Can I buy a Ferrari in the US now?

Any of you selling your houses?  I can make you an offer


----------



## editec (Mar 25, 2009)

So the market swings hundreds of points based on the utterances of the POTUS?

Interesting.


----------



## dilloduck (Mar 25, 2009)

editec said:


> So the market swings hundreds of points based on the utterances of the POTUS?
> 
> Interesting.



right again! The market is based on what people feel--not facts.

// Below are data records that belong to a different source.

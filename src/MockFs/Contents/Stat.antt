-- ===== src/MockFs/Contents/Stat.antt =====
-- providers/mock.rs: `stat` beside the listing of a directory.
use research_ssh_next.Prelude.{
  append_assoc, ℕ, Text, Bytes, true, false, ◌||◌, ◌==◌, ◌≡◌, refl, inl, inr, [], ◌∷◌, ◌++◌, none,
  some, codes, lookup, contains, contains_char, text_eq_iff, trim_end, Unique, Bool-cases, arith,
}
use research_ssh_next.Core.{done}
use research_ssh_next.Fs.{FileEntry}
use research_ssh_next.MockFs.Ops.{MockFs, resolve, dir_prefix}
use research_ssh_next.MockFs.Listing.{entry, is_child_name, base_name, children, stat}
use research_ssh_next.MockFs.Contents.Children.{In, In-children, IsChildDir, IsChildFile}

contains_char-append :
    (c : ℕ) (s t : Text) → contains_char c (s ++ t) ≡ (contains_char c s || contains_char c t)
unfolding contains_char
contains_char-append c [] t = refl
contains_char-append c (d ∷ s) t = ground (arith, contains_char-append c s t)

base_name-no_slash : (s : Text) → contains_char b'/' s ≡ false → base_name s ≡ s
unfolding base_name
base_name-no_slash [] h = refl
base_name-no_slash (c ∷ s) h = rw h refl

base_name-append :
    (s rest : Text) → contains_char b'/' rest ≡ false → base_name (s ++ b'/' ∷ rest) ≡ rest
unfolding base_name contains_char
base_name-append [] rest h = ground (arith, base_name-no_slash rest h)
base_name-append (c ∷ s) rest h =
    ground (arith, base_name-append s rest h, contains_char-append b'/' s (b'/' ∷ rest))

-- A path with a slash is neither empty nor `.`, so it stands for itself.
resolve-slash : (s : Text) → contains_char b'/' s ≡ true → resolve s ≡ s
unfolding resolve contains_char
resolve-slash s h = ground (arith, text_eq_iff s [], text_eq_iff s (codes "."))

abbrev stem : Text → Text
stem dir = trim_end (λ c. c == b'/') dir

module _ (dir rest : Text) (ok : is_child_name rest ≡ true) where
  prefix_split : dir_prefix dir ++ rest ≡ stem dir ++ b'/' ∷ rest
  unfolding dir_prefix
  prefix_split = append_assoc (stem dir) (b'/' ∷ []) rest

  base_name-child : base_name (dir_prefix dir ++ rest) ≡ rest
  unfolding is_child_name
  base_name-child = rw prefix_split (base_name-append (stem dir) rest (ground arith))

  resolve-child : resolve (dir_prefix dir ++ rest) ≡ dir_prefix dir ++ rest
  unfolding contains_char
  resolve-child =
      resolve-slash (dir_prefix dir ++ rest)
        (rw prefix_split (ground (arith, contains_char-append b'/' (stem dir) (b'/' ∷ rest))))

-- No path is a directory and a file at once.
abbrev pub IsDisjoint : MockFs → Type 0
IsDisjoint fs = (j : Text) → contains j fs.dirs ≡ true → lookup j fs.files ≡ none

module _ (dir : Text) (fs : MockFs) (e : FileEntry) (apart : IsDisjoint fs) where
  stat-child_dir : IsChildDir (dir_prefix dir) fs.dirs e → stat e.path fs ≡ (done e, fs)
  unfolding stat entry
  stat-child_dir (rest, ok, there, eq) =
      rw (eq, stat) (rw (resolve-child dir rest ok, there) (rw (base_name-child dir rest ok) refl))

  not_dir : (p : Text) (c : Bytes) → lookup p fs.files ≡ some c → contains p fs.dirs ≡ false
  not_dir p c h = elim (Bool-cases (contains p fs.dirs)) [
    | inl d ↦ ground (arith, apart p d)
    | inr n ↦ n
  ]

  stat-child_file : IsChildFile (dir_prefix dir) fs.files e → stat e.path fs ≡ (done e, fs)
  unfolding stat entry
  stat-child_file (rest, content, ok, there, eq) = ground (
    arith,
    eq,
    resolve-child dir rest ok,
    not_dir (dir_prefix dir ++ rest) content there,
    base_name-child dir rest ok,
  )

  -- Each entry that a directory lists is what `stat` says of its path, where the map of files has
  -- one entry for each path and no path is a directory and a file at once.
  pub stat-children : Unique fs.files → In e (children dir fs) → stat e.path fs ≡ (done e, fs)
  stat-children u i = elim ((In-children dir fs e u).0 i) [
    | inl d ↦ stat-child_dir d
    | inr f ↦ stat-child_file f
  ]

Like a gambler who thinks it's gonna be his lucky night after her drives by a 7-11.


----------



## Ravi (Mar 25, 2009)

Diuretic said:


> So, has everything collapsed yet?
> 
> Does this mean cheap hotel accommodation at Disney World for me?
> 
> ...


I have some Aussie friends that bought a house in Malibu because your economy is so good and ours isn't.


----------



## editec (Mar 25, 2009)

Apparently the gamblers feel lucky this morning.

Dow is up about 867 points.

I'm not convinced that every time the POTUS speaks the market reacts.

I mean certainly when he's telling us about massive changes to our system it's going to react, but I do not think investors are quite so flighty as some of you apparently do.

But hey...what do I know?

Maybe things like PE rations, inventories, sales and profits mean nothing.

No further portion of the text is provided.